Тут псаломщик отвел меня в сторону.
– Батюшка, – говорит, – вот на что тебе намекнул: ты постарайся – тащи к нам некрещеных детей и католиков, – за каждого тебе по десяти франков будем платить, мальчишку твоего, окрестим даром; получишь прощение от правительства и благодарность. Понял?
– Как же их приведешь, когда они сами не хотят? – спрашиваю.
– Ну, уж ты исхитрись, за то и деньги платим. Задал мне псаломщик загадку. Думал я, думал, весь затылок ногтями продрал. Пошел к живописцу, говорю: так и так, пишите мне по-французски одну записку: «Ничего не бойся», и другую: «Сего человека покарал бог за грехи; кто не желает, чтобы с ним случилось то же, пусть идет за несчастным и, кроме того, получит пять су». А кругом этого листа, по моей же просьбе, живописец намалевал отвратительных чертей. Взял я лист, прибил его верхним концом к небольшой палочке, накрутил на нее, а с нижнего конца привязал две гайки, чтобы она сразу раскручивалась; оделся как можно хуже – босиком, шапку вывернул – и пошел, как солнце встало, на главный рынок. Народу там – видимо-невидимо; по кабакам пьяные франты ночь догуливают; жулики шарят по карманам, и подумать страшно, что всю эту прорву – капусту, морковь, тыквы, убоину, птицу, – все гора горой, – все в один день сожрут. Купил я здоровенный кочан капусты, выбрал местечко повиднее, сел, головой затряс, зарычал и начал капусту эту рвать зубами… Гляжу – народ собирается, а я стараюсь.

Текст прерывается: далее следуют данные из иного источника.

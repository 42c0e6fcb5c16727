-- ===== src/Lib.antt =====
-- BestTeam: models of the parts of the program that keep state and decide, and their theorems.
--
-- The program runs teams of agents for organisations. A mailbox trigger scans mail into a durable
-- ledger of events, hands pending events to runs, and tells the customer when its health changes;
-- a run's output becomes rows of results, which later retries read and a purge clears; the events
-- of live runs are kept and streamed to subscribers; anonymous visitors talk to a deployed team
-- through a share link under daily quotas; documents are split into chunks for retrieval; logins
-- are throttled and streams open with tickets.
--
-- Files and the code that they model:
-- * Inbox.antt and Inbox/: ui/backend/db/inbox_events.py. `Ledger` is the table `inbox_events` with
--   the next id; each operation of the file is the function of its name (`claim_events`, ...). The
--   rows stand in the order of their ids. Inbox/Steps.antt has the step relation of the callers.
-- * Access/LoginLimiter.antt and below: ui/backend/login_rate_limit.py. `reserve` and
--   `record_success` take the list that `_keys` makes, `keys_of`.
-- * Access/Tickets.antt and below: ui/backend/ws_tickets.py.
-- * Access/ShareQuota.antt and below: ui/backend/db/share_links.py, ui/backend/db/share_sessions.py
--   and, as `send_gate`, the quota checks of `send_share_message` in ui/backend/share_chat.py, from
--   `try_consume_link_turn` to the stored message with the refunds of the error paths.
-- * Knowledge/Chunking.antt and below: the splitter of src/bestteam/core/knowledge_base.py, from
--   `_separators_for_suffix` to `_chunk_text`, and `_validate_chunk_params`.
-- * Email/Fingerprints.antt, Email/Health.antt and below: ui/backend/trigger_health.py.
-- * Email/Drafts.antt and below: `reconcile` of ui/backend/draft_outcomes.py.
-- * Email/MailFilter.antt and below: ui/backend/email_filter.py.
-- * Runs.antt and Runs/: `RunRegistry` of ui/backend/registry.py. `Registry` is its five dictionaries,
--   each method the function of its name; Runs/Slots.antt has the view of one run, Runs/Screens.antt
--   what a client shows that plays its queue, Runs/Steps.antt the step relation of the callers.
-- * Results.antt and Results/: ui/backend/automation_results.py from a run's output to its rows
--   (`normalize_run_result`), the family of retries (Results/Families.antt), the messages that
--   have a draft (Results/Drafted.antt) and `retry_uids` of ui/backend/email_trigger.py.
-- * Results/Retention.antt and below: the purge of ui/backend/retention.py, over the rows of runs,
--   their traces, their results and the registry of Runs.antt.
-- * Trigger.antt and Trigger/: ui/backend/email_trigger.py, one poll cycle. `System` is what a cycle
--   reads and writes, `Cycle` what it is told; `poll_org`, `check_mailbox` and `_release_stale_run`
--   are the functions of these names, and `start_triggered_run` is `_start_triggered_run`, cut at
--   its early returns into `within_budget`, `claim_batch`, `dispatch_batch` and `submit`. They call
--   the operations of Inbox.antt, Email/Health.antt and Runs.antt. Trigger/Stages.antt has the case
--   lemmas of a cycle, Trigger/Outcomes.antt the contract of a dispatch. Trigger/Budget.antt is ui/backend/email_budget.py.
--   Trigger/Retry.antt is `retry_triggered_run`, the manual retry, with its checks before and under
--   the lock; Trigger/Drafted.antt is its scan of the mailbox for drafts.
-- * Agents.antt and Agents/: Agents/Grounding.antt is src/bestteam/core/grounding.py, with
--   `check_grounding` and `grade_claims`; Agents/Turn.antt is `_run_agent` of
--   src/bestteam/adapters/langgraph_adapter.py. `World` is what the model, the tools, the grader and
--   `should_cancel` answer, in the order of the calls; `ask` is `_call` with `_record_usage`,
--   and `first_ask` is `_first_call` with it.
-- * Shared.antt and Shared/: Boolean tests, lists over native numbers, dictionaries, strings as
--   lists of code points.
-- The files Examples.antt run small inputs through each part.
--
-- Conventions. Python's integers that may be negative are `ℤ`; counts, ids and moments are `ℕ`, a
-- moment counting ticks of a clock that does not run backwards. A database table is a list of rows,
-- an UPDATE a map, a SELECT a filter; a transaction is one step, and so is what a lock encloses.
-- Random strings, clock readings and new ids are arguments.
--
-- Bounds and fuel. `slices` has fuel, the length of its text: each slice has at least one
-- character when the size is positive. `str.split` walks the text with a count of characters of a
-- separator that are still to be passed over. The two loops of `retry_family_run_ids` have fuel one
-- more than the number of runs: the way up passes ever earlier runs, and a round down that is not
-- the last takes a run that was not in the family. The tool loop of an
-- agent's turn counts down its ten rounds. All other recursion is on a list or a text.
--
-- Parameters. Amounts of money are an instance of `Money`, and `str.lower` one of `Casing`; what the
-- builder of pipelines, the executor, the mailbox and other sessions answer is in a `Cycle`, whose
-- new run id is an argument. A poll cycle is one step, of which the switch-off of the trigger by
-- another session is a part; the calls of `normalize_run_result` are listed, since the rows that
-- they write are those of Results.antt. The digest of a username (SHA-256) is an argument of `keys_of`. Floats of
-- `evaluate_backlog` are an instance of `Seconds`. Whether a session has a pending turn, and whether
-- its message is stored, are fields of `Visit`, since the table of messages is not modelled. The
-- mailbox of `reconcile` is the interface `MailboxBackend`; Python's `str.lower` and `parseaddr` in
-- the mail filter are the interface `Parsing`.
--
-- What `json.loads` and the types of pydantic's models make of a run's output is the type `Output`,
-- and of the data of a trace event the record `TraceData`.
--
-- Not modelled: HTTP routes, database sessions and migrations, the mailbox connection, the agent
-- framework and vector stores, prompts and model calls, file parsers, the command line and the
-- frontend, which are I/O or third-party code; the loop around the
-- poll cycle, the lists and daily counters of
-- results, the sweep and the export of the retention, retrieval and the construction of pipelines.
pub mod Shared
pub mod Inbox
pub mod Access
pub mod Knowledge
pub mod Email
pub mod Runs
pub mod Trigger
pub mod Agents
pub mod Results
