-- ===== src/Access.antt =====
-- Login throttling, stream tickets and share-link quotas of ui/backend.
pub mod Tickets
pub mod LoginLimiter
pub mod ShareQuota
mod Examples
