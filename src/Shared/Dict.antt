-- ===== src/Shared/Dict.antt =====
-- Python's dictionary as an association list in insertion order.
use mathlib.Core.Path.{◌≡◌, refl}
use mathlib.Core.Bool.{true, false}
use mathlib.Core.Option.{Option, none, some}
use mathlib.Core.List.{List, [], ◌∷◌}
use native.Mathlib.Omega.{arith}
use bestteam.Shared.Tests.{is_none, if◌then◌else◌}
use bestteam.Shared.Equality.{Eq, ◌==◌, ==-self}

abbrev pub Dict {ℓ} : Type ℓ → Type ℓ → Type ℓ
Dict K V = List (K × V)

module _ {ℓ} {K V : Type ℓ} ⦃e : Eq K⦄ where
  -- `d.get(k)`
  unfoldable pub lookup : K → Dict K V → Option V
  lookup k [] = none
  lookup k ((j, v) ∷ rest) = if j == k then some v else lookup k rest

  -- `d.get(k, default)`
  unfoldable pub lookup_or : V → K → Dict K V → V
  lookup_or v k d = elim (lookup k d) [ none ↦ v | some w ↦ w ]

  -- `d.pop(k, None)`, the dictionary that is left
  unfoldable pub remove : K → Dict K V → Dict K V
  remove k [] = []
  remove k ((j, v) ∷ rest) = let left = remove k rest in if j == k then left else (j, v) ∷ left

  -- `d[k] = v`
  unfoldable pub put : K → V → Dict K V → Dict K V
  put k v [] = (k, v) ∷ []
  put k v ((j, w) ∷ rest) = if j == k then (k, v) ∷ rest else (j, w) ∷ put k v rest

  pub lookup-remove :
      (k j : K) (d : Dict K V) → lookup j (remove k d) ≡ (if k == j then none else lookup j d)
  unfolding lookup remove
  lookup-remove k j [] = ground arith
  lookup-remove k j ((i, v) ∷ rest) =
      ground (arith, lookup-remove k j rest, e.beq_iff i k, e.beq_iff i j, e.beq_iff k j)

  pub lookup-put :
      (k j : K) (v : V) (d : Dict K V)
      → lookup j (put k v d) ≡ (if k == j then some v else lookup j d)
  unfolding lookup put
  lookup-put k j v [] = refl
  lookup-put k j v ((i, w) ∷ rest) =
      ground (arith, lookup-put k j v rest, e.beq_iff i k, e.beq_iff i j, e.beq_iff k j)

  -- No key has two entries.
  abbrev pub HasDistinctKeys : Dict K V → Type 0
  HasDistinctKeys [] = Unit
  HasDistinctKeys ((j, v) ∷ rest) = (is_none (lookup j rest) ≡ true) × HasDistinctKeys rest

  pub remove-HasDistinctKeys :
      (k : K) (d : Dict K V) → HasDistinctKeys d → HasDistinctKeys (remove k d)
  unfolding remove
  remove-HasDistinctKeys k [] h = tt
  remove-HasDistinctKeys k ((i, v) ∷ rest) h =
      ground (arith, remove-HasDistinctKeys k rest h.1, lookup-remove k i rest)

  pub put-HasDistinctKeys :
      (k : K) (v : V) (d : Dict K V) → HasDistinctKeys d → HasDistinctKeys (put k v d)
  unfolding put lookup
  put-HasDistinctKeys k v [] h = (refl, tt)
  put-HasDistinctKeys k v ((i, w) ∷ rest) h =
      ground (
        arith,
        put-HasDistinctKeys k v rest h.1,
        lookup-put k i v rest,
        e.beq_iff i k,
        e.beq_iff k i,
      )

  pub lookup_or-remove :
      (v : V) (k j : K) (d : Dict K V)
      → lookup_or v j (remove k d) ≡ (if k == j then v else lookup_or v j d)
  unfolding lookup_or
  lookup_or-remove v k j d = ground (arith, lookup-remove k j d)

  pub lookup_or-put :
      (v : V) (k j : K) (w : V) (d : Dict K V)
      → lookup_or v j (put k w d) ≡ (if k == j then w else lookup_or v j d)
  unfolding lookup_or
  lookup_or-put v k j w d = ground (arith, lookup-put k j w d)

  pub lookup-put_self : (k : K) (v : V) (d : Dict K V) → lookup k (put k v d) ≡ some v
  lookup-put_self k v d = ground (arith, lookup-put k k v d, ==-self k)

  pub lookup-put_other :
      (k j : K) (v : V) (d : Dict K V) → (k == j) ≡ false → lookup j (put k v d) ≡ lookup j d
  lookup-put_other k j v d h = ground (arith, lookup-put k j v d)

  pub lookup-remove_self : (k : K) (d : Dict K V) → lookup k (remove k d) ≡ none
  lookup-remove_self k d = ground (arith, lookup-remove k k d, ==-self k)

  pub lookup-remove_other :
      (k j : K) (d : Dict K V) → (k == j) ≡ false → lookup j (remove k d) ≡ lookup j d
  lookup-remove_other k j d h = ground (arith, lookup-remove k j d)

  pub lookup_or-put_self : (v : V) (k : K) (w : V) (d : Dict K V) → lookup_or v k (put k w d) ≡ w
  lookup_or-put_self v k w d = ground (arith, lookup_or-put v k k w d, ==-self k)

  pub lookup_or-put_other :
      (v : V) (k j : K) (w : V) (d : Dict K V)
      → (k == j) ≡ false
      → lookup_or v j (put k w d) ≡ lookup_or v j d
  lookup_or-put_other v k j w d h = ground (arith, lookup_or-put v k j w d)

  pub lookup_or-remove_self : (v : V) (k : K) (d : Dict K V) → lookup_or v k (remove k d) ≡ v
  lookup_or-remove_self v k d = ground (arith, lookup_or-remove v k k d, ==-self k)

  pub lookup_or-remove_other :
      (v : V) (k j : K) (d : Dict K V)
      → (k == j) ≡ false
      → lookup_or v j (remove k d) ≡ lookup_or v j d
  lookup_or-remove_other v k j d h = ground (arith, lookup_or-remove v k j d)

Когда сгрудился народ, я палочку обеими руками… поднял и развернул бумагу. Поднялся смех. Трое мальчишек подошли ко мне, спрашивают: «Каждому платишь по пяти су, не обманешь?» – «Нет…» – «Тогда веди крестить»… Привел их к священнику. Там удивились. Получил я за это дело тридцать франков. Некоторое время прошло, я – опять на рынок, тем же порядком – притворяюсь, народ сбежался, и вывел я в тот день пятнадцать душ – мальчишек, отборных сукиных детей… Батюшка меня и благодарить не знает как. Окрестили и этих, выдали мне деньги… Я опять за работу… А тут мальчишки на базаре хитрость мою пронюхали и устроили стачку, потребовали по пяти франков за крещение… Я – к псаломщику: «За десять франков мне расчета нет работать… Девчонка может пойти по десяти, а с мальчишки меньше как по двадцати взять не могу». Псаломщик как даст мне в зубы – прогнал. И тут я опомнился: что делаю! Куда себя готовлю! Седьмой день минутки трезвой не было. Это ли усердие!